Un bel exemple est celui du dernier quart du XVIIe siècle avec contraste entre les millésimes maintes fois ensoleillés de 1676 à 1686 et les années très fraîches et famineuses de 1687 à 1701. Nous avons diagnostiqué ainsi, Daniel Rousseau, Anouchka Vasak et moi, une quinzaine de fluctuations de ce genre entre 1560 et 2011, mais sur le tard, de 1892 à nos jours, les fluctuations ainsi évoquées sont soulevées par la houle du réchauffement. Je renvoie le lecteur sur ces différents points à notre ouvrage Les Fluctuations du climat de l'an mil à aujourd'hui.
Les différences thermiques moyennes d'un siècle à l'autre d'après le climatologue allemand Franz Mauelshagen, du XVIe au XIXe siècle, n'étaient en général que de deux dixièmes de degré Celsius en plus ou en moins. Au cours des années qui vont de 1900 à 2010, la progression thermométrique, liée elle-même au réchauffement dont il est tant question, serait, de façon caractéristique, plus considérable, pouvant atteindre un degré centigrade - ou même davantage.
Or le GIEC, pour le XXIe siècle, envisage, à propos des événements climatiques extrêmes comme ceux de 2003, une hausse probable ou possible des températures de 1 à 3 0C pour les années 2050 ; et même 2 à 5 0C pour les décennies 2090 ou 2100. De tels chiffres sont calculés, semble-t-il, sur la base d'un prolongement des courbes thermiques actuelles et d'une appréciation des considérables volumes de gaz à effet de serre qui seront injectés dans notre atmosphère pour des raisons évidentes, industrielles et autres, au cours des quatre-vingt-dix prochaines années. Et cela malgré les vaines objurgations et supplications de climatologues toujours plus angoissés...
Sommes-nous vraiment dans ce cas devant une fatalité, un fatum à la romaine ? L'auteur du présent article n'est pas à même de conclure sur ce point redoutable mais l'inquiétude demeure en présence d'accroissements thermiques tellement considérables, du moins si on les compare aux menues oscillations des siècles passés telles que les calculait précédemment le professeur Mauelshagen.

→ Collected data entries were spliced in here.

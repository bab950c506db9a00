-- ===== src/Match.antt =====
-- AppOpt/src/rule_match.rs: which CPUs a thread gets, and which package a kernel name means.
-- `fnmatch` of libc is an argument.
pub mod Threads
use app_opt.Base.{
  Bool, true, false, not, ◌&&◌, ◌||◌, List, [], ◌∷◌, Option, none, some, leb, ◌==◌, if◌then◌else◌,
}
use app_opt.Base.Dict.{contains, text_eq}
use app_opt.Base.Text.{Text, is_empty, eq_text, byte_len, starts_with, ends_with, strip_prefix}
use app_opt.Config.Load.{AffinityRule, AppConfig, Env, max_thread_len}
use app_opt.Cpu.Dirs.{ensure_cpuset_dir}
use app_opt.Cpu.Set.{CpuSet, new, or, count}

pub record AffinityResult : Type 0 where
  pub cpus : CpuSet
  pub cpuset_dir : Text
  pub is_thread_rule : Bool

-- A pattern, a text, and whether `fnmatch` returns 0 with FNM_NOESCAPE.
abbrev pub Fnmatch : Type 0
Fnmatch = Text → Text → Bool

-- A C text ends at its first NUL.
unfoldable pub until_nul : Text → Text
until_nul [] = []
until_nul (c ∷ s) = if c == 0 then [] else c ∷ until_nul s

unfoldable pub fnmatch_c : Fnmatch → Text → Text → Bool
fnmatch_c fnmatch pattern string =
    if leb max_thread_len (byte_len string) then false else fnmatch pattern (until_nul string)

pub record Matched : Type 0 where
  pub cpus : CpuSet
  pub matched : Bool

abbrev pub skips_thread : Text → AffinityRule → Bool
skips_thread pkg r = not (eq_text r.pkg pkg) || is_empty r.thread

abbrev pub add_match : AffinityRule → Matched → Matched
add_match r m = record { cpus = or m.cpus r.cpus; matched = true }

-- The first loop of `thread_affinity`.
unfoldable pub thread_loop : Fnmatch → Text → Text → List AffinityRule → Matched → Matched
thread_loop fnmatch pkg thread [] m = m
thread_loop fnmatch pkg thread (r ∷ rs) m = thread_loop fnmatch pkg thread rs (
    if skips_thread pkg r
    then m
    else if fnmatch_c fnmatch r.thread_pattern thread
    then add_match r m
    else m)

pub record Fallback : Type 0 where
  pub cpus : CpuSet
  pub cpuset_dir : Text
  pub seen : Bool

abbrev pub skips_pkg : Text → AffinityRule → Bool
skips_pkg pkg r = not (eq_text r.pkg pkg) || not (is_empty r.thread)

-- The directory of a single rule is kept; a second rule clears it.
abbrev pub add_fallback : AffinityRule → Fallback → Fallback
add_fallback r f = record {
  cpus = or f.cpus r.cpus;
  cpuset_dir = if f.seen then [] else r.cpuset_dir;
  seen = true;
}

-- The second loop of `thread_affinity`.
unfoldable pub fallback_loop : Text → List AffinityRule → Fallback → Fallback
fallback_loop pkg [] f = f
fallback_loop pkg (r ∷ rs) f =
    fallback_loop pkg rs (if skips_pkg pkg r then f else add_fallback r f)

-- The end of `thread_affinity`: no CPU at all is a package with thread rules only, or no result.
unfoldable pub affinity_result : AppConfig → Text → CpuSet → Text → Bool → Option AffinityResult
affinity_result cfg pkg cpus cpuset_dir matched =
    if count cpus == 0
    then (if contains pkg cfg.has_thread_rules
        then some (record { cpus = cfg.topo.present_cpus; cpuset_dir = []; is_thread_rule = false })
        else none)
    else some (record { cpus = cpus; cpuset_dir = cpuset_dir; is_thread_rule = matched })

abbrev pub no_match : Matched
no_match = record { cpus = new; matched = false }

abbrev pub match_thread : Fnmatch → Text → Text → AppConfig → Matched
match_thread fnmatch pkg thread cfg =
    if is_empty thread then no_match else thread_loop fnmatch pkg thread cfg.rules no_match

abbrev pub fall_back : Text → AppConfig → CpuSet → Fallback
fall_back pkg cfg cpus =
    fallback_loop pkg cfg.rules (record { cpus = cpus; cpuset_dir = []; seen = false })

unfoldable pub thread_affinity : Fnmatch → Env → Text → Text → AppConfig → Option AffinityResult
thread_affinity fnmatch env pkg thread cfg =
    let m = match_thread fnmatch pkg thread cfg in
    let f = fall_back pkg cfg m.cpus in
    if m.matched
    then affinity_result cfg pkg m.cpus (ensure_cpuset_dir env.sys env.base m.cpus cfg.topo) true
    else affinity_result cfg pkg f.cpus f.cpuset_dir false

-- The first package, in the order of the set, that a test accepts.
unfoldable pub find_pkg : (Text → Bool) → List Text → Option Text
find_pkg test [] = none
find_pkg test (p ∷ ps) = if test p then some p else find_pkg test ps

unfoldable pub comm_to_pkg : Text → List Text → Option Text
unfolding find_pkg
comm_to_pkg comm pkgs =
    if contains comm pkgs
    then some comm
    else if leb 15 (byte_len comm)
    then elim (find_pkg (λ p. starts_with comm p) pkgs) [
      | some p ↦ some p
      | none ↦ find_pkg (λ p. ends_with comm p) pkgs
    ]
    else none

Emmanuel Le Roy Ladurie, de l'Académie des sciences morales et politiques. Professeur honoraire au Collège de France, ex-administrateur général de la Bibliothèque nationale. Né en 1929, il a été un des pionniers de la micro-histoire avec "Montaillou, village occitan" (Gallimard, 1975) et l'auteur d'une "Histoire humaine et comparée du climat" en trois volumes (Fayard, 2004-2009).